The word "Nodes" marks the lines to find; copy every such line from the data below.

(Records from a data collection)
______________________________

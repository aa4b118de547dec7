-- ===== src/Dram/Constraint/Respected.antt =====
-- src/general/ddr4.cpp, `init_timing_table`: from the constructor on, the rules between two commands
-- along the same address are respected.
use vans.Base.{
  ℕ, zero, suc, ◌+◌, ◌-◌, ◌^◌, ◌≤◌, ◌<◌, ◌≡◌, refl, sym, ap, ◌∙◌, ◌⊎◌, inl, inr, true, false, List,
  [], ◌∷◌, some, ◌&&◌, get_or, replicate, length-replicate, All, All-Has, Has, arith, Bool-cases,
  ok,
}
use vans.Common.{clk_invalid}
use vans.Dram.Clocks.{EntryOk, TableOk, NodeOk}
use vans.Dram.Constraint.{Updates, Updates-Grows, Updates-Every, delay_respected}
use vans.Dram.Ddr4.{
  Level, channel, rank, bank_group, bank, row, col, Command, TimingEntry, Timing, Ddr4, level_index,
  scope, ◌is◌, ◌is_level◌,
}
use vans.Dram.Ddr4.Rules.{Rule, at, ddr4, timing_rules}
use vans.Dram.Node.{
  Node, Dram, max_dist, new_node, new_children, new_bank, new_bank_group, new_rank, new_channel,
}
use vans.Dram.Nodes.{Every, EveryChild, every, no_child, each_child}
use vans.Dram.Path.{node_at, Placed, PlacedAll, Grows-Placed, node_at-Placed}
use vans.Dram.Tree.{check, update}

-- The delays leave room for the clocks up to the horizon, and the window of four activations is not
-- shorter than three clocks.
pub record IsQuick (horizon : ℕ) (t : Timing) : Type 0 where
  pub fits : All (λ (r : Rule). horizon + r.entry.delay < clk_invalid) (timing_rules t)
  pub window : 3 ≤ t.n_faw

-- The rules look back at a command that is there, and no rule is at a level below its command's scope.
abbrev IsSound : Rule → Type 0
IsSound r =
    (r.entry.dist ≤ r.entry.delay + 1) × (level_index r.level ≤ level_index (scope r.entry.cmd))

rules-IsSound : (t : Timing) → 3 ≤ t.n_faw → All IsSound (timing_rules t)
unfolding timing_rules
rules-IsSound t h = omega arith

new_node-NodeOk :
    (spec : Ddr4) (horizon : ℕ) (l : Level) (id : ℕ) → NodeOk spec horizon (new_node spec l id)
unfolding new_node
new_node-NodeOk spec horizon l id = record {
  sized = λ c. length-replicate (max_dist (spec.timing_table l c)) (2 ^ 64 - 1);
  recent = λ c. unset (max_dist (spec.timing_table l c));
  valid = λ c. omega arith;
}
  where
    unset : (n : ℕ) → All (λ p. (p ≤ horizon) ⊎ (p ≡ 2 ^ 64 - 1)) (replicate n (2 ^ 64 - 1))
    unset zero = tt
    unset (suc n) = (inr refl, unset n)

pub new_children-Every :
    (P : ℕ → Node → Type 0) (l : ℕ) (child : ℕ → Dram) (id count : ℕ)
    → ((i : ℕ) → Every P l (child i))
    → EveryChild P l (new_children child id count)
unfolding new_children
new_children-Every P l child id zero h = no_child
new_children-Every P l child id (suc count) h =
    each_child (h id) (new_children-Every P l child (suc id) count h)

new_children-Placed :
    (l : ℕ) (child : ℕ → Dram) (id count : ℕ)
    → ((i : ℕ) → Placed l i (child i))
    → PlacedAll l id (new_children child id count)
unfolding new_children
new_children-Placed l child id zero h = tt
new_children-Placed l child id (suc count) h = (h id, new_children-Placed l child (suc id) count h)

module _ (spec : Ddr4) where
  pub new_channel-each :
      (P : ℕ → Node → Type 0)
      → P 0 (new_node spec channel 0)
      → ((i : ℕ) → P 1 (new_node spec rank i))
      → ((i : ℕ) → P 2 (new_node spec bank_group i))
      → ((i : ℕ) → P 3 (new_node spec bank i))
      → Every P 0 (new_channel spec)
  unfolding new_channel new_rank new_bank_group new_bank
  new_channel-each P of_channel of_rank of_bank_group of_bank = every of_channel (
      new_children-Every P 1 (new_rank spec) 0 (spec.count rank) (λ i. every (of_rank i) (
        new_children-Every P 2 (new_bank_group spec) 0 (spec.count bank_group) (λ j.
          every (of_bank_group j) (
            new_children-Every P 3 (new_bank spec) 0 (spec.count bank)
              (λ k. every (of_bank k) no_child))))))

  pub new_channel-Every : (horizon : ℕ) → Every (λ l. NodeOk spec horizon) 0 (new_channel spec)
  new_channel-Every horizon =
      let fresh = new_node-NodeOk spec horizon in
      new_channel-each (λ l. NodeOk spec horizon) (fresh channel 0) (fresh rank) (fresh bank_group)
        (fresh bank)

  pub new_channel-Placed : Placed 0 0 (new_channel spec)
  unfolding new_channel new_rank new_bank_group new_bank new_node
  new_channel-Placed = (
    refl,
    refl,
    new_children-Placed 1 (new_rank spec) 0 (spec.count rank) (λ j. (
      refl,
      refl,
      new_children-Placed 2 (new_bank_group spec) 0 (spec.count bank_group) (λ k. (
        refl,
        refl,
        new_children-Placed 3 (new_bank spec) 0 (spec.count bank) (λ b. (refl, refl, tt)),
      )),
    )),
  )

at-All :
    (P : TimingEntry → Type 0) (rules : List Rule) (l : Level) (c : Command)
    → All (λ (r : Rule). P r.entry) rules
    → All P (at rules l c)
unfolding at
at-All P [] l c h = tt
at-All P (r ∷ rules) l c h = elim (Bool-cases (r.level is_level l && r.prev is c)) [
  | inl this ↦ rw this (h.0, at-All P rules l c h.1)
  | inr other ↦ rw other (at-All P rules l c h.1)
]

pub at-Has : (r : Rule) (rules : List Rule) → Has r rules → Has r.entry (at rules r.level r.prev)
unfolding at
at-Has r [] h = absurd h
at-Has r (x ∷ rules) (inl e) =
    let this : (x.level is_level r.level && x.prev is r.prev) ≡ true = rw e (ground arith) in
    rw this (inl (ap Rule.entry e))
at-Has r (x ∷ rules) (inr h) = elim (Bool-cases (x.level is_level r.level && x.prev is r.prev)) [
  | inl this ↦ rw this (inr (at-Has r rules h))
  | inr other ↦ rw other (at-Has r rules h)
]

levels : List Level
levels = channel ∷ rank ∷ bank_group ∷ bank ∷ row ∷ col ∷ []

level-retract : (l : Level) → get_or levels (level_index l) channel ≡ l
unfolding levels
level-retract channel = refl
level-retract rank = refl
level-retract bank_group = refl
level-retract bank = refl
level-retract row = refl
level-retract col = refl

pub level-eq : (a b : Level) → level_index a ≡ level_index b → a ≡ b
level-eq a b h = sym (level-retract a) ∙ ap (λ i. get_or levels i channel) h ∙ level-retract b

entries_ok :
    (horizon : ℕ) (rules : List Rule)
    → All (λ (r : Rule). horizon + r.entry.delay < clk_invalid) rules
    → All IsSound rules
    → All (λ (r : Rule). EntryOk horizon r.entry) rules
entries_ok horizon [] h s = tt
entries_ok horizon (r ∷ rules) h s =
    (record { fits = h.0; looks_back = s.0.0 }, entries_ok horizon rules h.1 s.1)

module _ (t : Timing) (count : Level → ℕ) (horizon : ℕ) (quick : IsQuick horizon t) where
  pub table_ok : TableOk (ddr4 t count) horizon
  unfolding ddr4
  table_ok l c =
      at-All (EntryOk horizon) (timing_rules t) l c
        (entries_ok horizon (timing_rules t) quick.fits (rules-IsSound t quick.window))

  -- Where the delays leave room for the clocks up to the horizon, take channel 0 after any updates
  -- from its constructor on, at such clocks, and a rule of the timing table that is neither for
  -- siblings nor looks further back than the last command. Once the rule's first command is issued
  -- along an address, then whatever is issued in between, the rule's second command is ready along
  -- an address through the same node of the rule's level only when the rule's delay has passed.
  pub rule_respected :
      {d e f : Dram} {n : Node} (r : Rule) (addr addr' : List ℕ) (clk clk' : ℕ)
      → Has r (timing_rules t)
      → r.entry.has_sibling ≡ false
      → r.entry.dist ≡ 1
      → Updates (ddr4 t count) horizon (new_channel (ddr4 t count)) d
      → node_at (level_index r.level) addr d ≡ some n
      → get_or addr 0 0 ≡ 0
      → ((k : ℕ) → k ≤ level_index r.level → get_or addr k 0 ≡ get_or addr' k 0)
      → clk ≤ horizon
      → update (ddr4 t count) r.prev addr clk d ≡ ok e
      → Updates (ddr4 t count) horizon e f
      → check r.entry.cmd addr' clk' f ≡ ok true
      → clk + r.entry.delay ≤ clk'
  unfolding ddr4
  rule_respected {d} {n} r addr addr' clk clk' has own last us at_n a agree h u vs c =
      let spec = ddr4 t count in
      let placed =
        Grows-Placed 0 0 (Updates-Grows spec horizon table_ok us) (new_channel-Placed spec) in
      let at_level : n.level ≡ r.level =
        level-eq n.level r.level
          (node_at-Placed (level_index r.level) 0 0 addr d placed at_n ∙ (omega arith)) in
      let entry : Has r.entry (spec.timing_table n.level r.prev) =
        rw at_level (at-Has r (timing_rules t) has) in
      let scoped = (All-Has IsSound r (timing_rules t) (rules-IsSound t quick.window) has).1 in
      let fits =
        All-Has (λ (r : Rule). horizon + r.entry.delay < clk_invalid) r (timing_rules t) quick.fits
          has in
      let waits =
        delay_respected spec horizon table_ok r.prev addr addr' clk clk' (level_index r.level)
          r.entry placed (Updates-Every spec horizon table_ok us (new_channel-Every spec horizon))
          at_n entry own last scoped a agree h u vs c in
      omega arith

______________________________

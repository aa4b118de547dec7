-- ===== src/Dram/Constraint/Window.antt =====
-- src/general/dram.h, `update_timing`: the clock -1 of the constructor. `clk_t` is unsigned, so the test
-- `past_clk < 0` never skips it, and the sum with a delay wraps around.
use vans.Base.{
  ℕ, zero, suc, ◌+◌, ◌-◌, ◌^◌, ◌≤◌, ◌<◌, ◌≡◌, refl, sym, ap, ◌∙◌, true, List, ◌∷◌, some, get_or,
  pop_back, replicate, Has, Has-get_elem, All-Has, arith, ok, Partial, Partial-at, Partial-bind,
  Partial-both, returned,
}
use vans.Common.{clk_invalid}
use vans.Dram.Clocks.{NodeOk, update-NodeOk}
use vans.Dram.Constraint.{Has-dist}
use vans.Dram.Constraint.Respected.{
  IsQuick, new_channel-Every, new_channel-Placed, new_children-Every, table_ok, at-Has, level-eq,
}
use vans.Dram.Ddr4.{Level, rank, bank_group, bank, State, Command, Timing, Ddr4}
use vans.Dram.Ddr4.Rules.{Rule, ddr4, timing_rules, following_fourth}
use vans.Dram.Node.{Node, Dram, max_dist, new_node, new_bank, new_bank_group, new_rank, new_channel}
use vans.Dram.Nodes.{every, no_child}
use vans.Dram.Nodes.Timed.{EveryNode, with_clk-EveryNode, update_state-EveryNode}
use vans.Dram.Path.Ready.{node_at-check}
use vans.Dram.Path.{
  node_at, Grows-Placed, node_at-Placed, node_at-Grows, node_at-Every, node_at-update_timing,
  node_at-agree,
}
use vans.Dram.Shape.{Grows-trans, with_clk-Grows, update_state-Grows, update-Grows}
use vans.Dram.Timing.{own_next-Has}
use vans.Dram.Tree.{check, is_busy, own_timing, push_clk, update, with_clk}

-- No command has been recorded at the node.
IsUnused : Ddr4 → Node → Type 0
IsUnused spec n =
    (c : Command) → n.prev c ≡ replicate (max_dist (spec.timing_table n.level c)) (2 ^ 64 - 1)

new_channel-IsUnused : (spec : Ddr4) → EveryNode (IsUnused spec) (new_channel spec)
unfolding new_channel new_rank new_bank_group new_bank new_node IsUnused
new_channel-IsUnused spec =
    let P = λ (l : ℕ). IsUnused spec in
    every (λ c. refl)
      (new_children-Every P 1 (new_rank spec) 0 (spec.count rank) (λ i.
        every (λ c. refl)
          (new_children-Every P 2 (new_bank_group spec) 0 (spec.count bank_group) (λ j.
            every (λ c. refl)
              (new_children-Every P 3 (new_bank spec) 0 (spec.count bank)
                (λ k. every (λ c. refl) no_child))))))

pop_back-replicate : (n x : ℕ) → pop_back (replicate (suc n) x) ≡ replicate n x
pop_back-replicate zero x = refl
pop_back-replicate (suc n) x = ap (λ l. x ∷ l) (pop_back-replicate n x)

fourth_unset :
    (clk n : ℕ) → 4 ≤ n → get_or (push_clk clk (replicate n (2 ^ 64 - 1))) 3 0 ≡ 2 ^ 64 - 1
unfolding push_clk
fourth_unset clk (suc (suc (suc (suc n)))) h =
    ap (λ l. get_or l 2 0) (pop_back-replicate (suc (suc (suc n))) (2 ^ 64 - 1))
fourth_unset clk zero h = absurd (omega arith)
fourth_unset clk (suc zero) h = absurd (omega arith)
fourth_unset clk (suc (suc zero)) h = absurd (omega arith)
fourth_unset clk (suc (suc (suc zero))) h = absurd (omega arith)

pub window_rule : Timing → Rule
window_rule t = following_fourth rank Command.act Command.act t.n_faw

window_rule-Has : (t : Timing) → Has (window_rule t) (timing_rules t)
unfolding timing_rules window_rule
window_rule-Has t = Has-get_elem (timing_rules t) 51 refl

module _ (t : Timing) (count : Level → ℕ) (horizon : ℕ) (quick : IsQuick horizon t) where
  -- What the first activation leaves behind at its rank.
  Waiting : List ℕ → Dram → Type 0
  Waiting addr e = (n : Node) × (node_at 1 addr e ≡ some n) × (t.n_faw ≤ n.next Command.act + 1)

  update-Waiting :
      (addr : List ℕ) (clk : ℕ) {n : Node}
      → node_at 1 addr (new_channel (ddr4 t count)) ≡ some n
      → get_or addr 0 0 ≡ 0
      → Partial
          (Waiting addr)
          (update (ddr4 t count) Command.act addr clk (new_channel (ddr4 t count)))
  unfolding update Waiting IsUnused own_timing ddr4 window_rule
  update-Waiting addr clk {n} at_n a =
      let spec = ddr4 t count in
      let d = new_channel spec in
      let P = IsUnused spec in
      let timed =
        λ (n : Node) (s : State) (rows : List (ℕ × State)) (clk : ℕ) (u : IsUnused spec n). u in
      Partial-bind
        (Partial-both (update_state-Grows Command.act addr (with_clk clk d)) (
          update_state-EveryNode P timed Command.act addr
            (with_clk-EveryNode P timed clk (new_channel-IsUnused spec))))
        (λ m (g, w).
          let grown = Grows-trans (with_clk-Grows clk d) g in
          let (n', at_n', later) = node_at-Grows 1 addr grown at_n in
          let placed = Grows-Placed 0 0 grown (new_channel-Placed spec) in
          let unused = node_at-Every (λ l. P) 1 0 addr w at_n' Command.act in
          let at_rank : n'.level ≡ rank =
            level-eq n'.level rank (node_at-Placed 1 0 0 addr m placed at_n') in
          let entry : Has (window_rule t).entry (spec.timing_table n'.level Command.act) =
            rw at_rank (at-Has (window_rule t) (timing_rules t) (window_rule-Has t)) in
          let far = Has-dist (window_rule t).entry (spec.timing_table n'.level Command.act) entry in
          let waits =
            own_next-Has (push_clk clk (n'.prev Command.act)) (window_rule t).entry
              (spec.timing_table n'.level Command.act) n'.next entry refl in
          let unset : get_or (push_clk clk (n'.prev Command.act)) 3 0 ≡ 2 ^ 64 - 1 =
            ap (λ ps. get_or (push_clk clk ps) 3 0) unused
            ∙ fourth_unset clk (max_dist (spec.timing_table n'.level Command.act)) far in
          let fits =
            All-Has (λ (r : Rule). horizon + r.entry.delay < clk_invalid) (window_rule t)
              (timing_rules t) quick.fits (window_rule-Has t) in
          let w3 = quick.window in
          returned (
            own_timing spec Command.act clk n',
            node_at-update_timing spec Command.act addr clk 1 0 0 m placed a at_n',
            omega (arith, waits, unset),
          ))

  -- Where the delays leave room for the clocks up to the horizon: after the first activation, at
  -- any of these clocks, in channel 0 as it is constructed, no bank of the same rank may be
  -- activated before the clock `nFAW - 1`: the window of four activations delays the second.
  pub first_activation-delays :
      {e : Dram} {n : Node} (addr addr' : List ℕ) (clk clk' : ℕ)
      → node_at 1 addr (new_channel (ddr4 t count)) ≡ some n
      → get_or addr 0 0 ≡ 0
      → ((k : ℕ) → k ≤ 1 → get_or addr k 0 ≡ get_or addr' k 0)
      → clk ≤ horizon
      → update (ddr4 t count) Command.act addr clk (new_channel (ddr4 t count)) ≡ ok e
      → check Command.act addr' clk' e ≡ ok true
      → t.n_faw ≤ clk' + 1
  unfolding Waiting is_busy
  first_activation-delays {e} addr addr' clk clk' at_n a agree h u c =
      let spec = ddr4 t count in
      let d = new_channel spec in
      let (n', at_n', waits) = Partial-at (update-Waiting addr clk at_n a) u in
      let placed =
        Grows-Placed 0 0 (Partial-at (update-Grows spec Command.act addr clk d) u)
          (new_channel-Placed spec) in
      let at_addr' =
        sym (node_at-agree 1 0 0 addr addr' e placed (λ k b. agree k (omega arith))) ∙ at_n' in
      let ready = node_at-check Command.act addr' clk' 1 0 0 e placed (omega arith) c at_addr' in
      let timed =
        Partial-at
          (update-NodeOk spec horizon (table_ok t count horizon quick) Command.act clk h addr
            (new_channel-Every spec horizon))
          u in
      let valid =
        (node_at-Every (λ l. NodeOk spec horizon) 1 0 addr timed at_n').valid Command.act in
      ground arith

______________________________

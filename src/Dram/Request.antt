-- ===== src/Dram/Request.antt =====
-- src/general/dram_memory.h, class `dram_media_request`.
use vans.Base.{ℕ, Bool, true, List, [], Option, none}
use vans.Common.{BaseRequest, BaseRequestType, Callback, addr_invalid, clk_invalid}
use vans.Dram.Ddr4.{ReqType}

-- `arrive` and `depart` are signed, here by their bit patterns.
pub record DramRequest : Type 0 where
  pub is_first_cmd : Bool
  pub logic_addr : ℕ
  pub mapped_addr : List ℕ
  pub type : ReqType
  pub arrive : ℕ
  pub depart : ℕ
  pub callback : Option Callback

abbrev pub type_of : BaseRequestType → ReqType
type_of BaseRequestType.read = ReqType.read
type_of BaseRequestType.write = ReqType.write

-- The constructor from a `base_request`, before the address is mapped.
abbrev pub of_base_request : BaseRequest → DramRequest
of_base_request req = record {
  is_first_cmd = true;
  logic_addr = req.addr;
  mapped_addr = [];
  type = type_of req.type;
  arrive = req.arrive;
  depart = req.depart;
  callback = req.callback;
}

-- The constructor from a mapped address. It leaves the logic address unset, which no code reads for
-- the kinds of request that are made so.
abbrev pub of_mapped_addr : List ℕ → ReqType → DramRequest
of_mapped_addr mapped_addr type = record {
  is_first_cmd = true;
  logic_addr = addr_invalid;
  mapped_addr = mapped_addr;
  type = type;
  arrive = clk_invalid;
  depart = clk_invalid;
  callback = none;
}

______________________________

Result of this task:
use vans.Dram.Nodes.{Every, EveryChild, every, no_child, each_child}
use vans.Dram.Nodes.{every, no_child}
use vans.Dram.Nodes.Timed.{EveryNode, with_clk-EveryNode, update_state-EveryNode}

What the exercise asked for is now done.